Matan secara terminologis adalah

ألفاظ الحديث التي تتقوم بها المعاني

       “ Lafal-lafal hadis yang mengandung berbagai makna”[11]

 

Begitulah perspektif al-Tibby sebagaimana yang diungkapkan Suyuti dalam Tadrib Al-Rawi. Berbeda dengan Ibn Hajar dan Ibn Jama‘ah. Kedua ulama ini hampir sama dalam mendefinisikan Matan. Menurut kedua ulama tersebut Matan ialah

ما ينتهي إليه غاية السند من الكلام

       “Perkataan yang menjadi ujung sanad.”[12]

 

Bila diperhatikan, terdapat korelasi antara makna secara bahasa dan terminologi. Matan tidak hanya sekedar berisi lafal-lafal hadis yang merupakan substansi dan inti dari hadis, namun lebih dari itu. Berkat sokongan dari sanad, yang telah mengangkat Matan ke para perawi yang membawanya, sampai menuju ke sumber aslinya. ia menjadi bernilai tinggi, keabsahan teruji, otoritasnya pun kuat, padat sebagaimana tanah yang meninggi dan mengeras padat. Matan pun pada akhirnya menjadi suatu hal yang tidak gampang dijatuhkan otoritasnya, apalagi diragukan kandungannya. 

al-Tibby memaparkan dalam al-Khulasah miliknya, Matan selanjutnya diperdebatkan oleh para ulama. Apakah ia perkataan sahabat dari Rasulullah SAW tentang ini itu, ataukah ia adalah sabda Rasulullah SAW semata? al-Tibby berpendapat bahwa pendapat pertama yang lebih tepat, karena telah disepakati bersama bahwa sunah mencakup ucapan, tindakan dan statement. Terlebih ulama salaf menyatakan bahwa hadis mencakup perkataan sahabat dan tabiin, jejak maupun fatwa-fatwa mereka. Melihat hal ini, Nampak al-Tibby menganut pendapat mayoritas ulama hadis bahwa hadis dan khabar  sama, tidak berbeda. Ia tidak termasuk golongan yang mempunyai perspektif bahwa hadis adalah yang bersumber dari Nabi SAW, sedang tidak begitu dengan khabar. Dikatakan khabar bila berasal dari selain Nabi SAW, seperti sahabat. Ditambah, dirinya juga menegaskan bahwa hadis lebih umum dari sekedar yang sabda, tindakan, statement yang berasal dari Nabi SAW, sahabat dan tabi’in. [13]

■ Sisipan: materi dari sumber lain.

-- ===== src/Manager/Assignment/Places.antt =====
-- Where the owners of a partition stand in the list of workers after `calculate_new_mapping`.
use rust_accelerator_no_sql.Map
use native.Mathlib.Nat.{mod-lt}
use rust_accelerator_no_sql.Prelude.{
  sym, ◌^◌, ◌∙◌, ap, contains, ◌-◌, ◌≤◌, ◌%◌, ◌+◌, length, zero, get_elem?, ◌<◌, suc, unwrap_or,
  arith, refl, ◌∷◌, [], List, some, none, ◌≡◌, ℕ,
}
use rust_accelerator_no_sql.Common.{Partition, NodeId}
use rust_accelerator_no_sql.Manager.{State}
use rust_accelerator_no_sql.Map.{Map}
use rust_accelerator_no_sql.Manager.Assignment.Mapping.{holder_found, IsPlaced, walk, holder}
use rust_accelerator_no_sql.Manager.Assignment.{
  calculate_new_mapping, reduce_replica, calc_replica_index,
}
use rust_accelerator_no_sql.Manager.Assignment.Index.{calc_replica_index_lem}
use rust_accelerator_no_sql.Manager.Assignment.Ownership.{calculate_new_mapping_lem, with_mapping}

-- The worker `r` places before the place `m`, counted round the list.
abbrev pub worker_before : List NodeId → ℕ → ℕ → NodeId
worker_before ids m r = unwrap_or (get_elem? ids ((m + length ids - r % length ids) % length ids)) 0

-- The workers from `r` to `r + count - 1` places before the place `m`.
abbrev pub workers_before : List NodeId → ℕ → ℕ → ℕ → List NodeId
workers_before ids m r zero = []
workers_before ids m r (suc count) = worker_before ids m r ∷ workers_before ids m (suc r) count

-- The partition's master stands at the place `p % n`, and its replicas are the workers 1 to `count`
-- places before it.
abbrev pub StandsAt : List NodeId → ℕ → Map Partition → ℕ → Type 0
StandsAt ids count mapping p =
    (part : Partition) × (Map.get mapping p ≡ some part)
    × (get_elem? ids (p % length ids) ≡ some part.master)
    × ((id : ℕ)
        → Map.contains_key part.replicas id
          ≡ contains (workers_before ids (p % length ids) 1 count) id)

module _ (ids : List NodeId) (m : ℕ) (h : m < length ids) where
  holder-worker_before : (r : ℕ) → holder ids m r ≡ worker_before ids m r
  holder-worker_before r =
      ap (λ i. unwrap_or (get_elem? ids i) 0) (calc_replica_index_lem (length ids) m r h)

  walk-workers_before : (r count : ℕ) → walk ids m r count ≡ workers_before ids m r count
  walk-workers_before r zero = refl
  walk-workers_before r (suc count) =
      rw (holder-worker_before r, walk-workers_before (suc r) count) refl

  master_place : get_elem? ids m ≡ some (holder ids m 0)
  unfolding calc_replica_index reduce_replica
  master_place =
      let first : calc_replica_index (length ids) m 0 ≡ m = ground arith in
      ap (get_elem? ids) (sym first) ∙ holder_found ids m 0 h

IsPlaced-StandsAt :
    (ids : List NodeId) (count : ℕ) (mapping : Map Partition) (p : ℕ)
    → 0 < length ids
    → IsPlaced ids count mapping p
    → StandsAt ids count mapping p
IsPlaced-StandsAt ids count mapping p h (part, found, master, holds) =
    let below : p % length ids < length ids = mod-lt p h in
    (
      part,
      found,
      master_place ids (p % length ids) below ∙ ap some (sym master),
      λ id.
          holds id
          ∙ ap (λ l. contains l id) (walk-workers_before ids (p % length ids) below 1 count),
    )

-- With at least one worker and one replica the calculation does not panic. Every partition `p` has its
-- master at the place `p % n` of the list of the `n` workers, and as replicas the workers one place
-- before it, two places and so on, counted round; no other partition is mapped. Nothing but the
-- mapping and the new replicas changes.
pub calculate_new_mapping_places :
    (state : State) (amount factor : ℕ) (ids : List NodeId)
    → 0 < length ids
    → amount ≤ 2 ^ 16
    → (mapping : Map Partition) × (calculate_new_mapping state amount (suc factor) ids
        ≡ some (with_mapping state mapping))
      × ((p : ℕ) → p < amount → StandsAt ids factor mapping p)
      × ((p : ℕ) → amount ≤ p → Map.get mapping p ≡ none)
calculate_new_mapping_places state amount factor ids h b =
    let (mapping, done, placed, others) = calculate_new_mapping_lem state amount factor ids h b in
    (mapping, done, λ p below. IsPlaced-StandsAt ids factor mapping p h (placed p below), others)
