-- ===== src/Manager/Assignment/Examples.antt =====
-- Runs of the theorems on the assignment of partitions.
use rust_accelerator_no_sql.Map
use rust_accelerator_no_sql.Map.{Map}
use rust_accelerator_no_sql.Map.Set.{add}
use rust_accelerator_no_sql.Prelude.{
  ◌%◌, ◌-◌, ◌+◌, ◌≤◌, contains, ◌<◌, arith, refl, ◌∷◌, [], List, some, none, false, true, ◌≡◌, ℕ,
}
use rust_accelerator_no_sql.Common.{worker, Partition, NodeId, Me}
use rust_accelerator_no_sql.Manager.{ManagerProtocol, State}
use rust_accelerator_no_sql.Manager.Assignment.Stability.{worker_partitions_settles, HasEpoch}
use rust_accelerator_no_sql.Manager.Assignment.Distribution.{calculate_new_mapping-owners}
use rust_accelerator_no_sql.Manager.Assignment.Ownership.{with_mapping, Distinct}
use rust_accelerator_no_sql.Manager.Assignment.{
  calc_replica_index, owners, worker_partitions, calculate_new_mapping,
}
use rust_accelerator_no_sql.Manager.Assignment.Places.{StandsAt, calculate_new_mapping_places}
use rust_accelerator_no_sql.Manager.Assignment.Index.{calc_replica_index_lem}

abbrev me : Me
me = record { id = 1; host = ""; port = 9000 }

abbrev workers : List NodeId
workers = 3 ∷ 4 ∷ 5 ∷ []

-- One partition, 0, of the master 3 with the replica 9.
abbrev mapped : Partition
mapped = record { master = 3; replicas = add Map.empty 9 }

abbrev remapped : Partition
remapped = record { master = 4; replicas = add Map.empty 3 }

abbrev led : State
led = record {
  epoch = some 7;
  elected_leader_id = some 1;
  nodes =
      Map.insert Map.empty 3
        (record { host = ""; port = 9001; last_heartbeat = 5; node_type = worker });
  partitions = record {
    mapping = Map.insert Map.empty 0 mapped;
    old_replicas = Map.empty;
    new_replicas = Map.empty;
  };
  workers_with_calculated_partitions = Map.empty;
}

led-HasEpoch : HasEpoch led
led-HasEpoch h = refl

workers-Distinct : Distinct workers
workers-Distinct = (refl, (refl, (refl, tt)))

calculate_new_mapping_places_example :
    (mapping : Map Partition) × (calculate_new_mapping led 4 2 workers
      ≡ some (with_mapping led mapping))
    × ((p : ℕ) → p < 4 → StandsAt workers 1 mapping p)
    × ((p : ℕ) → 4 ≤ p → Map.get mapping p ≡ none)
calculate_new_mapping_places_example =
    calculate_new_mapping_places led 4 1 workers (omega arith) (omega arith)

calculate_new_mapping-owners_example :
    (state' : State) × (calculate_new_mapping led 4 2 workers ≡ some state')
    × ((p : ℕ)
        → p < 4
        → (part : Partition) × (Map.get state'.partitions.mapping p ≡ some part)
          × (Map.contains_key part.replicas part.master ≡ false)
          × ((id : ℕ) → Map.contains_key (owners part) id ≡ true → contains workers id ≡ true))
calculate_new_mapping-owners_example =
    calculate_new_mapping-owners led 4 1 workers workers-Distinct (omega arith) (omega arith)

worker_partitions_settles_example :
    (r : State × List ManagerProtocol) × (worker_partitions led me 2 ≡ some r)
    × (r.0.nodes ≡ led.nodes)
    × (r.0.epoch ≡ led.epoch)
    × (r.0.elected_leader_id ≡ led.elected_leader_id)
    × (worker_partitions r.0 me 2 ≡ some (r.0, []))
worker_partitions_settles_example = worker_partitions_settles led me 2 led-HasEpoch

-- The third replica behind place 1 of five workers, with the walk past the start of the list.
calc_replica_index_lem_example : calc_replica_index 5 1 3 ≡ (1 + 5 - 3 % 5) % 5
calc_replica_index_lem_example = calc_replica_index_lem 5 1 3 (omega arith)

Penulis pun mengamini perkataan al-Tibby, mengingat pengkerucutan Matan hanya pada sabda Rasulullah SAW saja, menyebabkan perkataan maupun tindakan sahabat dan tabiin tidak bisa masuk dalam kategori Matan. Padahal, dalam kaidah disiplin ilmu hadis terdapat macam-macam hadis seperti hadis mauquf dan maqtu yang notabene bersumber dari sahabat dan tabiin. Sehingga apabila pendapat kedua menjadi panutan, tak ayal hal terburuk yang akan terjadi ialah, kaidah dalam disiplin ilmu hadis menjadi tumpang tindih dan rancu.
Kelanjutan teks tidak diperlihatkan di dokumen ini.